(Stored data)
◆ ◆ ◆

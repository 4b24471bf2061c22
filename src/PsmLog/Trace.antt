-- ===== src/PsmLog/Trace.antt =====
-- The producer and the consumer together: the log is a queue. A trace interleaves pushes, commits
-- and consumed entries in any order.
use persimmon.Base.{
  ℕ, ◌+◌, ◌%◌, ◌^◌, ◌<◌, ◌≡◌, ◌≢◌, refl, inl, List, [], ◌∷◌, ◌++◌, append_assoc, append-nil, arith,
  length, All, subst, sym, ap, ◌∙◌, false, some,
}
use persimmon.PsmLog.{
  log_size, Psm, done, PmemCopy, push, commit, consume, initial, update_tail, done-injective,
}
use persimmon.PsmLog.Live.{distance, IsValid, IsDurable, Lags}
use persimmon.PsmLog.Stored.{Stored, Stored-append}
use persimmon.PsmLog.Push.{Contains, push-Contains}
use persimmon.PsmLog.Commit.{Committed, commit-Committed}
use persimmon.PsmLog.Consume.{applied, Reads, consume-Stored, consume-empty}

-- A commit publishes what was pushed.
commit-Contains :
    (p q : Psm) (cs us : List (List ℕ))
    → IsValid p
    → Committed p q
    → Contains p cs us
    → Contains q (cs ++ us) []
commit-Contains p q cs us v c (a, b) =
    let whole : Stored p.buf p.tail (distance p.tail p.local_head) (cs ++ us) =
      Stored-append p.buf p.tail (distance p.tail p.head) p.head (distance p.head p.local_head)
        (distance p.tail p.local_head) cs us v.tail_offset.0
        (omega (arith, v.tail_offset, v.head_offset))
        (omega (arith, v.published, v.tail_offset, v.head_offset, v.local_head_offset)) a b in
    (
      subst (λ m. Stored m q.tail (distance q.tail q.head) (cs ++ us)) (sym c.same_buf)
          (subst (λ t. Stored p.buf t (distance t q.head) (cs ++ us)) (sym c.same_tail)
            (subst (λ h. Stored p.buf p.tail (distance p.tail h) (cs ++ us)) (sym c.head_published)
              whole)),
      omega (arith, c.head_published, c.same_local_head, v.local_head_offset),
    )

-- `update_tail` on the way from the tail to the head.
tail_moved :
    (p : Psm) (t d : ℕ) (cs us : List (List ℕ))
    → IsValid p
    → IsDurable p
    → Stored p.buf p.head (distance p.head p.local_head) us
    → t < log_size
    → t % 64 ≡ 0
    → distance p.tail t + d ≡ distance p.tail p.head
    → Stored p.buf t d cs
    → IsValid (update_tail p t) × IsDurable (update_tail p t) × Contains (update_tail p t) cs us
unfolding update_tail
tail_moved p t d cs us v dur b tb line way st = (
  record {
    tail_offset = (tb, line);
    head_offset = v.head_offset;
    local_head_offset = v.local_head_offset;
    local_tail_offset = v.local_tail_offset;
    synced_head = v.synced_head;
    synced_tail = refl;
    published = omega (arith, v.published, v.tail_offset, v.head_offset, v.local_head_offset);
    lagging = omega (
      arith, v.lagging, v.published, v.tail_offset, v.head_offset, v.local_head_offset,
      v.local_tail_offset,
    );
  },
  λ x w l. dur x w (omega (arith, v.tail_offset, v.head_offset)),
  (subst (λ d. Stored p.buf t d cs) (omega (arith, v.tail_offset, v.head_offset)) st, b),
)

module _ {S : Type 0} (f : (ℕ → ℕ) → S → ℕ × S) (apply : List ℕ → S → S) where
  -- What a step of the consumer takes, and what it leaves.
  record Taken (p : Psm) (s : S) (t : ℕ) (s' : S) (cs us : List (List ℕ)) : Type 0 where
    first : List ℕ
    rest : List (List ℕ)
    split : cs ≡ first ∷ rest
    state : s' ≡ apply first s
    valid : IsValid (update_tail p t)
    durable : IsDurable (update_tail p t)
    contains : Contains (update_tail p t) rest us
    readable : All (Reads f apply) rest

  consume-Taken :
      (p : Psm) (s : S) (t : ℕ) (s' : S) (cs us : List (List ℕ))
      → IsValid p
      → IsDurable p
      → Contains p cs us
      → All (Reads f apply) cs
      → consume p.buf f p.head p.tail s ≡ done (some (t, s'))
      → Taken p s t s' cs us
  consume-Taken p s t s' [] us v d (a, b) r e =
      let same : p.tail ≡ p.head = omega (arith, v.tail_offset, v.head_offset) in
      let none_left = consume-empty f apply p.buf p.tail s in
      let e' = rw (← same) at e in absurd (cc)
  consume-Taken p s t s' (c ∷ cs) us v d (a, b) r e =
      let (t', d', e', tb, db, eh, st, line, way) =
        consume-Stored f apply p.buf p.tail (distance p.tail p.head) p.head c cs s v.tail_offset.0
          (omega arith) (omega (arith, v.tail_offset, v.head_offset)) r.0 a in
      let et : t' ≡ t = cc in
      let k = tail_moved p t' d' cs us v d b tb line way st in
      subst (λ t. Taken p s t s' (c ∷ cs) us) et
        (record {
          first = c;
          rest = cs;
          split = refl;
          state = cc;
          valid = k.0;
          durable = k.1;
          contains = k.2;
          readable = r.1;
        })

module _ {S : Type 0} (lib : PmemCopy) (f : (ℕ → ℕ) → S → ℕ × S) (apply : List ℕ → S → S)
    (s₀ : S) where
  -- The log, the state of the consumer's application, and the entries pushed so far.
  pub data Trace : Psm → S → List (List ℕ) → Type 0 where
    start : Trace initial s₀ []
    pushes :
        {p : Psm} {s : S} {es : List (List ℕ)} (b : ℕ) (bs loads : List ℕ) (q : Psm)
        → Trace p s es
        → All (Lags p) loads
        → b ≢ 0
        → length (b ∷ bs) < 2 ^ 31
        → Reads f apply (b ∷ bs)
        → push lib p (b ∷ bs) loads ≡ done q
        → Trace q s (es ++ (b ∷ bs) ∷ [])
    commits :
        {p : Psm} {s : S} {es : List (List ℕ)} (q : Psm)
        → Trace p s es
        → commit p false ≡ done q
        → Trace q s es
    consumes :
        {p : Psm} {s : S} {es : List (List ℕ)} (t : ℕ) (s' : S)
        → Trace p s es
        → consume p.buf f p.head p.tail s ≡ done (some (t, s'))
        → Trace (update_tail p t) s' es

  -- Consumed, published and pushed entries, in this order, are those pushed, and the consumer's
  -- state is what the consumed ones make.
  pub record Queue (p : Psm) (s : S) (es : List (List ℕ)) : Type 0 where
    pub valid : IsValid p
    pub durable : IsDurable p
    pub consumed : List (List ℕ)
    pub published : List (List ℕ)
    pub pushed : List (List ℕ)
    pub in_order : es ≡ consumed ++ (published ++ pushed)
    pub state : s ≡ applied apply consumed s₀
    pub contains : Contains p published pushed
    pub readable : All (Reads f apply) published × All (Reads f apply) pushed

  start-Queue : Queue initial s₀ []
  unfolding initial
  start-Queue = record {
    valid = omega arith;
    durable = λ x b l. refl;
    consumed = [];
    published = [];
    pushed = [];
    in_order = refl;
    state = refl;
    contains = omega arith;
    readable = (tt, tt);
  }

  All-snoc :
      (us : List (List ℕ)) (u : List ℕ)
      → All (Reads f apply) us
      → Reads f apply u
      → All (Reads f apply) (us ++ u ∷ [])
  All-snoc [] u a r = (r, tt)
  All-snoc (x ∷ us) u a r = (a.0, All-snoc us u a.1 r)

  All-append :
      (cs us : List (List ℕ))
      → All (Reads f apply) cs
      → All (Reads f apply) us
      → All (Reads f apply) (cs ++ us)
  All-append [] us a b = b
  All-append (x ∷ cs) us a b = (a.0, All-append cs us a.1 b)

  applied-snoc :
      (cs : List (List ℕ)) (c : List ℕ) (s : S)
      → applied apply (cs ++ c ∷ []) s ≡ apply c (applied apply cs s)
  applied-snoc [] c s = refl
  applied-snoc (x ∷ cs) c s = applied-snoc cs c (apply x s)

  -- In any order of whole pushes, commits that publish, and consumptions with the tail updated behind each,
  -- from the empty log on, in which each call returns: no entry is lost, repeated or reordered. The entries
  -- pushed are, in this order, those consumed, those published and those not yet published; the latter two are
  -- in the buffer, and the consumer's state is what the former make. This is so if each entry does not begin
  -- with a NUL byte, is shorter than 2^31 bytes, and is read by the application as it was pushed, and each
  -- load of a push returns the tail or an earlier one.
  pub Trace-Queue : {p : Psm} {s : S} {es : List (List ℕ)} → Trace p s es → Queue p s es
  Trace-Queue start = start-Queue
  Trace-Queue (pushes {p = p} {s = s} {es = es} b bs loads q t lags ne len reads e) =
      let r = Trace-Queue t in
      let (v, d, c) =
        push-Contains lib p b bs loads r.published r.pushed q r.valid r.durable lags ne len
          r.contains e in
      record {
        valid = v;
        durable = d;
        consumed = r.consumed;
        published = r.published;
        pushed = r.pushed ++ (b ∷ bs) ∷ [];
        in_order = ap (λ x. x ++ (b ∷ bs) ∷ []) r.in_order ∙ simp append_assoc;
        state = r.state;
        contains = c;
        readable = (r.readable.0, All-snoc r.pushed (b ∷ bs) r.readable.1 reads);
      }
  Trace-Queue (commits {p = p} {s = s} {es = es} q t e) =
      let r = Trace-Queue t in
      let (q', e', c') = commit-Committed p false r.valid r.durable (inl refl) in
      let c = subst (Committed p) (done-injective (sym e' ∙ e)) c' in
      record {
        valid = c.valid;
        durable = c.durable;
        consumed = r.consumed;
        published = r.published ++ r.pushed;
        pushed = [];
        in_order =
            r.in_order ∙ ap (λ x. r.consumed ++ x) (sym (append-nil (r.published ++ r.pushed)));
        state = r.state;
        contains = commit-Contains p q r.published r.pushed r.valid c r.contains;
        readable = (All-append r.published r.pushed r.readable.0 r.readable.1, tt);
      }
  Trace-Queue (consumes {p = p} {s = s} {es = es} tl s' t e) =
      let r = Trace-Queue t in
      let k =
        consume-Taken f apply p s tl s' r.published r.pushed r.valid r.durable r.contains
          r.readable.0 e in
      record {
        valid = k.valid;
        durable = k.durable;
        consumed = r.consumed ++ k.first ∷ [];
        published = k.rest;
        pushed = r.pushed;
        in_order =
            r.in_order ∙ (ap (λ x. r.consumed ++ (x ++ r.pushed)) k.split ∙ simp append_assoc);
        state = k.state ∙ ap (apply k.first) r.state ∙ sym (applied-snoc r.consumed k.first s₀);
        contains = k.contains;
        readable = (k.readable, r.readable.1);
      }
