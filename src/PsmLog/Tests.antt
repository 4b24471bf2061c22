-- ===== src/PsmLog/Tests.antt =====
-- The log at work on small entries, and its theorems at concrete logs.
use persimmon.Base.{
  ℕ, suc, ◌+◌, ◌%◌, ◌≤◌, ◌<◌, ◌≡◌, refl, inl, List, [], ◌∷◌, arith, length, Memory, false, some,
  inside, ◌==◌, if◌then◌else◌,
}
use persimmon.PsmLog.{
  log_size, align_to_cache_line_size, Holds, done, spinning, Psm, PmemCopy, push, reserve, place,
  commit, consume, initial, needed, spin_for_space, free_space, reserve_aligned,
}
use persimmon.PsmLog.Live.{distance, IsValid, IsDurable}
use persimmon.PsmLog.Reserve.{Placed, reserve-Placed}
use persimmon.PsmLog.Returns.{reserve-returns, reserve-stuck}
use persimmon.PsmLog.Stored.{Stored, Holds-frame}
use persimmon.PsmLog.Push.{Contains, push-Contains}
use persimmon.PsmLog.Commit.{Committed, commit-Committed}
use persimmon.PsmLog.Consume.{Reads, consume-Stored}
use persimmon.PsmLog.Trace.{Trace, start, pushes, Queue, Trace-Queue}

-- A copy, byte by byte.
abbrev copy_bytes : Memory → ℕ → List ℕ → Memory
copy_bytes m a [] x = m x
copy_bytes m a (b ∷ bs) x = if x == a then b else copy_bytes m (suc a) bs x

copy_bytes-copied : (m : Memory) (a : ℕ) (bs : List ℕ) → Holds (copy_bytes m a bs) a bs
copy_bytes-copied m a [] = tt
copy_bytes-copied m a (b ∷ bs) = (
  ground arith,
  Holds-frame (copy_bytes m (suc a) bs) (copy_bytes m a (b ∷ bs)) (suc a) bs (λ x l u. ground arith)
      (copy_bytes-copied m (suc a) bs),
)

copy_bytes-kept :
    (m : Memory) (a : ℕ) (bs : List ℕ) (x : ℕ)
    → inside a (length bs) x ≡ false
    → copy_bytes m a bs x ≡ m x
copy_bytes-kept m a [] x h = refl
copy_bytes-kept m a (b ∷ bs) x h = ground (arith, copy_bytes-kept m (suc a) bs x)

abbrev by_bytes : PmemCopy
by_bytes = record { copy = copy_bytes; copied = copy_bytes-copied; kept = copy_bytes-kept }

-- Commands of three bytes: a mark, and a number to add.
abbrev add_command : (ℕ → ℕ) → ℕ → ℕ × ℕ
add_command view s = (3, s + view 1)

abbrev add_second : List ℕ → ℕ → ℕ
add_second [] s = s
add_second (a ∷ []) s = s
add_second (a ∷ v ∷ r) s = s + v

add_command-Reads : (a v w : ℕ) → Reads add_command add_second (a ∷ v ∷ w ∷ [])
add_command-Reads a v w view s h = ground arith

abbrev one_pushed : Psm
one_pushed = record initial {
  buf = copy_bytes initial.buf 0 (1 ∷ 5 ∷ 7 ∷ []);
  persisted = copy_bytes initial.persisted 0 (1 ∷ 5 ∷ 7 ∷ []);
  local_head = 64;
}

push_runs : push by_bytes initial (1 ∷ 5 ∷ 7 ∷ []) [] ≡ done one_pushed
unfolding push reserve place reserve_aligned spin_for_space free_space align_to_cache_line_size
    initial
push_runs = refl

initial-IsValid : IsValid initial
unfolding initial
initial-IsValid = omega arith

initial-IsDurable : IsDurable initial
unfolding initial
initial-IsDurable x b l = refl

abbrev one_reserved : Psm
one_reserved = record initial { local_head = 64 }

reserve_runs : reserve initial 3 [] ≡ done (0, one_reserved)
unfolding reserve place reserve_aligned spin_for_space free_space align_to_cache_line_size initial
reserve_runs = refl

reserve-Placed_example :
    IsValid one_reserved
    × Placed initial (align_to_cache_line_size 3) 0 one_reserved
    × (3 ≤ align_to_cache_line_size 3)
reserve-Placed_example =
    reserve-Placed initial 3 [] 0 one_reserved initial-IsValid tt (omega arith) reserve_runs

needed-initial :
    needed initial (align_to_cache_line_size 3) + distance 0 initial.local_head < log_size
unfolding initial align_to_cache_line_size
needed-initial = omega arith

reserve-returns_example : (r : ℕ × Psm) × (reserve initial 3 (0 ∷ []) ≡ done r)
reserve-returns_example =
    reserve-returns initial 3 0 [] initial-IsValid (omega arith) (omega arith) (omega arith)
      needed-initial

-- An empty log with the head in its middle, and a request of more than half of it.
abbrev halfway : Psm
halfway = record initial {
  log_head = 524288;
  log_tail = 524288;
  head = 524288;
  tail = 524288;
  local_head = 524288;
  local_tail = 524288;
}

reserve-stuck_example : reserve halfway 600000 (524288 ∷ 524288 ∷ []) ≡ spinning
reserve-stuck_example =
    reserve-stuck halfway 600000 (524288 ∷ 524288 ∷ []) (omega arith) (omega arith) (omega arith)
      (omega arith) (omega arith) (omega arith)

push-Contains_example :
    IsValid one_pushed × IsDurable one_pushed × Contains one_pushed [] ((1 ∷ 5 ∷ 7 ∷ []) ∷ [])
unfolding initial
push-Contains_example =
    push-Contains by_bytes initial 1 (5 ∷ 7 ∷ []) [] [] [] one_pushed initial-IsValid
      initial-IsDurable tt (omega arith) (omega arith) (omega arith) push_runs

commit-Committed_example : (q : Psm) × (commit one_pushed false ≡ done q) × Committed one_pushed q
commit-Committed_example =
    commit-Committed one_pushed false push-Contains_example.0 push-Contains_example.1 (inl refl)

pushed_Stored : Stored one_pushed.buf 0 64 ((1 ∷ 5 ∷ 7 ∷ []) ∷ [])
unfolding initial
pushed_Stored = push-Contains_example.2.1

consume-Stored_example :
    (t : ℕ) × (d : ℕ) × (consume one_pushed.buf add_command 64 0 4 ≡ done (some (t, 9)))
    × (t < log_size)
    × (d < log_size)
    × (64 ≡ (t + d) % log_size)
    × Stored one_pushed.buf t d []
    × (t % 64 ≡ 0)
    × (distance 0 t + d ≡ 64)
consume-Stored_example =
    consume-Stored add_command add_second one_pushed.buf 0 64 64 (1 ∷ 5 ∷ 7 ∷ []) [] 4 (omega arith)
      (omega arith) (omega arith) (add_command-Reads 1 5 7) pushed_Stored

pushed_Trace : Trace by_bytes add_command add_second 4 one_pushed 4 ((1 ∷ 5 ∷ 7 ∷ []) ∷ [])
pushed_Trace =
    pushes 1 (5 ∷ 7 ∷ []) [] one_pushed start tt (omega arith) (omega arith)
      (add_command-Reads 1 5 7) push_runs

Trace-Queue_example : Queue by_bytes add_command add_second 4 one_pushed 4 ((1 ∷ 5 ∷ 7 ∷ []) ∷ [])
Trace-Queue_example = Trace-Queue by_bytes add_command add_second 4 pushed_Trace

◆ ◆ ◆

▶ [YOUR ASSIGNMENT] Looking at the records above, return exactly the lines from the line with "local_head = 524288;" to the line with "(omega arith) (omega arith) (add_command-Reads", both ends included.

▶ [ANSWER BOX]
  local_head = 524288;
  local_tail = 524288;
}

reserve-stuck_example : reserve halfway 600000 (524288 ∷ 524288 ∷ []) ≡ spinning
reserve-stuck_example =
    reserve-stuck halfway 600000 (524288 ∷ 524288 ∷ []) (omega arith) (omega arith) (omega arith)
      (omega arith) (omega arith) (omega arith)

push-Contains_example :
    IsValid one_pushed × IsDurable one_pushed × Contains one_pushed [] ((1 ∷ 5 ∷ 7 ∷ []) ∷ [])
unfolding initial
push-Contains_example =
    push-Contains by_bytes initial 1 (5 ∷ 7 ∷ []) [] [] [] one_pushed initial-IsValid
      initial-IsDurable tt (omega arith) (omega arith) (omega arith) push_runs

commit-Committed_example : (q : Psm) × (commit one_pushed false ≡ done q) × Committed one_pushed q
commit-Committed_example =
    commit-Committed one_pushed false push-Contains_example.0 push-Contains_example.1 (inl refl)

pushed_Stored : Stored one_pushed.buf 0 64 ((1 ∷ 5 ∷ 7 ∷ []) ∷ [])
unfolding initial
pushed_Stored = push-Contains_example.2.1

consume-Stored_example :
    (t : ℕ) × (d : ℕ) × (consume one_pushed.buf add_command 64 0 4 ≡ done (some (t, 9)))
    × (t < log_size)
    × (d < log_size)
    × (64 ≡ (t + d) % log_size)
    × Stored one_pushed.buf t d []
    × (t % 64 ≡ 0)
    × (distance 0 t + d ≡ 64)
consume-Stored_example =
    consume-Stored add_command add_second one_pushed.buf 0 64 64 (1 ∷ 5 ∷ 7 ∷ []) [] 4 (omega arith)
      (omega arith) (omega arith) (add_command-Reads 1 5 7) pushed_Stored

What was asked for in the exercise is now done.